> REQUIREMENT: Each entry, in full: reproduce it exactly.

> GIVEN RECORDS:
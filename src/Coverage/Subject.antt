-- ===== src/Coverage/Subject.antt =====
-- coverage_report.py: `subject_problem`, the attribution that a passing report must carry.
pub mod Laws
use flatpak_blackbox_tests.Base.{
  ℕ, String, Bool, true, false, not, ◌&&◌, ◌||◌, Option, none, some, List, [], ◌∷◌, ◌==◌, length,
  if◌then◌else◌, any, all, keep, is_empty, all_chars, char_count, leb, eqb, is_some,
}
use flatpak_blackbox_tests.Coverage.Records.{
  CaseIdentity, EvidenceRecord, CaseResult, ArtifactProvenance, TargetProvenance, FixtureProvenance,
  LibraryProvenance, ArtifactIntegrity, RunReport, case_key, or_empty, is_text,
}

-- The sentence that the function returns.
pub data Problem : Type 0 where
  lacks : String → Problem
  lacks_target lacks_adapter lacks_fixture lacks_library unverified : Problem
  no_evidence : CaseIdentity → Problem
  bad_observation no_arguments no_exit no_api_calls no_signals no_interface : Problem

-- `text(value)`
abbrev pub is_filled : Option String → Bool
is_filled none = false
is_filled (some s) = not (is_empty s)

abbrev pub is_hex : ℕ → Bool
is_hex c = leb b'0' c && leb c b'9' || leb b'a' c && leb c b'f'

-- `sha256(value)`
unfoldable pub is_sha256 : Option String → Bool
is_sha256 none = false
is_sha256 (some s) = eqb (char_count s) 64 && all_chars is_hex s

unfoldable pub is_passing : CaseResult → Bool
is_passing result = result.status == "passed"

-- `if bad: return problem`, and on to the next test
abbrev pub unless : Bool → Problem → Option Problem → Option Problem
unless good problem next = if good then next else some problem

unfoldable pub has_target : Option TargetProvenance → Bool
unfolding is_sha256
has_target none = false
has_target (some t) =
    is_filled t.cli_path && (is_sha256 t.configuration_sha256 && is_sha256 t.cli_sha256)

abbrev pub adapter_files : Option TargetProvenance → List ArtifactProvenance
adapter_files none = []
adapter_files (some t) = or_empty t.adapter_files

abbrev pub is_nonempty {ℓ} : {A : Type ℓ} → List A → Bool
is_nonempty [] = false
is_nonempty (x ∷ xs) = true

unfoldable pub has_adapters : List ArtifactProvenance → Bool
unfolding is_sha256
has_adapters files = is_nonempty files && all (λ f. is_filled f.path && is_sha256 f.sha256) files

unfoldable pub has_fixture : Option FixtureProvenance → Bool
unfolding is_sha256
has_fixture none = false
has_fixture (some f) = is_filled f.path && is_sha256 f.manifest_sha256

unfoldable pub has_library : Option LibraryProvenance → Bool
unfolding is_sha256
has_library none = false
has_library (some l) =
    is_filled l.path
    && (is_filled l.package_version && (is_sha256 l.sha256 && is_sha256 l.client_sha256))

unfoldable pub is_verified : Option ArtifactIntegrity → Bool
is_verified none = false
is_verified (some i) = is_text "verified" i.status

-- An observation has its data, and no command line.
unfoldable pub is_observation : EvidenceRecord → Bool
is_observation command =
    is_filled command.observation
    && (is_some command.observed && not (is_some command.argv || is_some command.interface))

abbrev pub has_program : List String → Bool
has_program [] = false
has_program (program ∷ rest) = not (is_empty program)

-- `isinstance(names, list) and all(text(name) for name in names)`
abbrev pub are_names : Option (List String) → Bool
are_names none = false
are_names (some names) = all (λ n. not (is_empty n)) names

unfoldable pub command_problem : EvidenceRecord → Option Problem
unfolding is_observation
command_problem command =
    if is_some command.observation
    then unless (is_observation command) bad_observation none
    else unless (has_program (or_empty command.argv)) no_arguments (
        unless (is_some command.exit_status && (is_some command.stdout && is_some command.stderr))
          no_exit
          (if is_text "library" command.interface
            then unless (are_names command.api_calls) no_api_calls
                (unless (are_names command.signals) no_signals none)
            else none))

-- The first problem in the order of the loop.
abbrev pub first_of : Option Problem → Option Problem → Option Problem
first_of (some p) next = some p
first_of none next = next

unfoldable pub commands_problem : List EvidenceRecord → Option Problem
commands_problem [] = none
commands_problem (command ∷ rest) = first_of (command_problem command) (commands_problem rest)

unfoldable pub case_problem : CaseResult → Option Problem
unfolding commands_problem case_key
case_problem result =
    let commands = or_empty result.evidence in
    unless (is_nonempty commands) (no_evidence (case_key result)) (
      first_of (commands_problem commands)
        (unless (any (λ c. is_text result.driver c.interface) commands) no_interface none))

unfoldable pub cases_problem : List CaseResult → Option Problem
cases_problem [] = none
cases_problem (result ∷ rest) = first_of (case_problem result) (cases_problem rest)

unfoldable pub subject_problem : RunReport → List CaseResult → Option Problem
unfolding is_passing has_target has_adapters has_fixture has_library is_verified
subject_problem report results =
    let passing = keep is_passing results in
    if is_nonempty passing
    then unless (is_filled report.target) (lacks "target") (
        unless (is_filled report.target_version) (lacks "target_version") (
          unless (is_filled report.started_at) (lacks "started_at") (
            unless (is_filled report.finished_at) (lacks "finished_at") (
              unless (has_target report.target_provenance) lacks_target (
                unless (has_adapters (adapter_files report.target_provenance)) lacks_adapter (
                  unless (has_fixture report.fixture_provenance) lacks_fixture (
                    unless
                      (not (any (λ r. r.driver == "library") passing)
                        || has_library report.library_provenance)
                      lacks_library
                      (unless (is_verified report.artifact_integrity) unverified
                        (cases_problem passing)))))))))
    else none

> RESULT OF THE TASK:
filename src/Coverage/Subject.antt
-- ===== src/Coverage/Subject.antt =====
-- coverage_report.py: `subject_problem`, the attribution that a passing report must carry.
pub mod Laws
use flatpak_blackbox_tests.Base.{
  ℕ, String, Bool, true, false, not, ◌&&◌, ◌||◌, Option, none, some, List, [], ◌∷◌, ◌==◌, length,
  if◌then◌else◌, any, all, keep, is_empty, all_chars, char_count, leb, eqb, is_some,
}
use flatpak_blackbox_tests.Coverage.Records.{
  CaseIdentity, EvidenceRecord, CaseResult, ArtifactProvenance, TargetProvenance, FixtureProvenance,
  LibraryProvenance, ArtifactIntegrity, RunReport, case_key, or_empty, is_text,
}

-- The sentence that the function returns.
pub data Problem : Type 0 where
  lacks : String → Problem
  lacks_target lacks_adapter lacks_fixture lacks_library unverified : Problem
  no_evidence : CaseIdentity → Problem
  bad_observation no_arguments no_exit no_api_calls no_signals no_interface : Problem

-- `text(value)`
abbrev pub is_filled : Option String → Bool
is_filled none = false
is_filled (some s) = not (is_empty s)

abbrev pub is_hex : ℕ → Bool
is_hex c = leb b'0' c && leb c b'9' || leb b'a' c && leb c b'f'

-- `sha256(value)`
unfoldable pub is_sha256 : Option String → Bool
is_sha256 none = false
is_sha256 (some s) = eqb (char_count s) 64 && all_chars is_hex s

unfoldable pub is_passing : CaseResult → Bool
is_passing result = result.status == "passed"

-- `if bad: return problem`, and on to the next test
abbrev pub unless : Bool → Problem → Option Problem → Option Problem
unless good problem next = if good then next else some problem

unfoldable pub has_target : Option TargetProvenance → Bool
unfolding is_sha256
has_target none = false
has_target (some t) =
    is_filled t.cli_path && (is_sha256 t.configuration_sha256 && is_sha256 t.cli_sha256)

abbrev pub adapter_files : Option TargetProvenance → List ArtifactProvenance
adapter_files none = []
adapter_files (some t) = or_empty t.adapter_files

abbrev pub is_nonempty {ℓ} : {A : Type ℓ} → List A → Bool
is_nonempty [] = false
is_nonempty (x ∷ xs) = true

unfoldable pub has_adapters : List ArtifactProvenance → Bool
unfolding is_sha256
has_adapters files = is_nonempty files && all (λ f. is_filled f.path && is_sha256 f.sha256) files

unfoldable pub has_fixture : Option FixtureProvenance → Bool
unfolding is_sha256
has_fixture none = false
has_fixture (some f) = is_filled f.path && is_sha256 f.manifest_sha256

unfoldable pub has_library : Option LibraryProvenance → Bool
unfolding is_sha256
has_library none = false
has_library (some l) =
    is_filled l.path
    && (is_filled l.package_version && (is_sha256 l.sha256 && is_sha256 l.client_sha256))

unfoldable pub is_verified : Option ArtifactIntegrity → Bool
is_verified none = false
is_verified (some i) = is_text "verified" i.status

-- An observation has its data, and no command line.
unfoldable pub is_observation : EvidenceRecord → Bool
is_observation command =
    is_filled command.observation
    && (is_some command.observed && not (is_some command.argv || is_some command.interface))

abbrev pub has_program : List String → Bool
has_program [] = false
has_program (program ∷ rest) = not (is_empty program)

-- `isinstance(names, list) and all(text(name) for name in names)`
abbrev pub are_names : Option (List String) → Bool
are_names none = false
are_names (some names) = all (λ n. not (is_empty n)) names

unfoldable pub command_problem : EvidenceRecord → Option Problem
unfolding is_observation
command_problem command =
    if is_some command.observation
    then unless (is_observation command) bad_observation none
    else unless (has_program (or_empty command.argv)) no_arguments (
        unless (is_some command.exit_status && (is_some command.stdout && is_some command.stderr))
          no_exit
          (if is_text "library" command.interface
            then unless (are_names command.api_calls) no_api_calls
                (unless (are_names command.signals) no_signals none)
            else none))

-- The first problem in the order of the loop.
abbrev pub first_of : Option Problem → Option Problem → Option Problem
first_of (some p) next = some p
first_of none next = next

unfoldable pub commands_problem : List EvidenceRecord → Option Problem
commands_problem [] = none
commands_problem (command ∷ rest) = first_of (command_problem command) (commands_problem rest)

unfoldable pub case_problem : CaseResult → Option Problem
unfolding commands_problem case_key
case_problem result =
    let commands = or_empty result.evidence in
    unless (is_nonempty commands) (no_evidence (case_key result)) (
      first_of (commands_problem commands)
        (unless (any (λ c. is_text result.driver c.interface) commands) no_interface none))

unfoldable pub cases_problem : List CaseResult → Option Problem
cases_problem [] = none
cases_problem (result ∷ rest) = first_of (case_problem result) (cases_problem rest)

unfoldable pub subject_problem : RunReport → List CaseResult → Option Problem
unfolding is_passing has_target has_adapters has_fixture has_library is_verified
subject_problem report results =
    let passing = keep is_passing results in
    if is_nonempty passing
    then unless (is_filled report.target) (lacks "target") (
        unless (is_filled report.target_version) (lacks "target_version") (
          unless (is_filled report.started_at) (lacks "started_at") (
            unless (is_filled report.finished_at) (lacks "finished_at") (
              unless (has_target report.target_provenance) lacks_target (
                unless (has_adapters (adapter_files report.target_provenance)) lacks_adapter (
                  unless (has_fixture report.fixture_provenance) lacks_fixture (
                    unless
                      (not (any (λ r. r.driver == "library") passing)
                        || has_library report.library_provenance)
                      lacks_library
                      (unless (is_verified report.artifact_integrity) unverified
                        (cases_problem passing)))))))))
    else none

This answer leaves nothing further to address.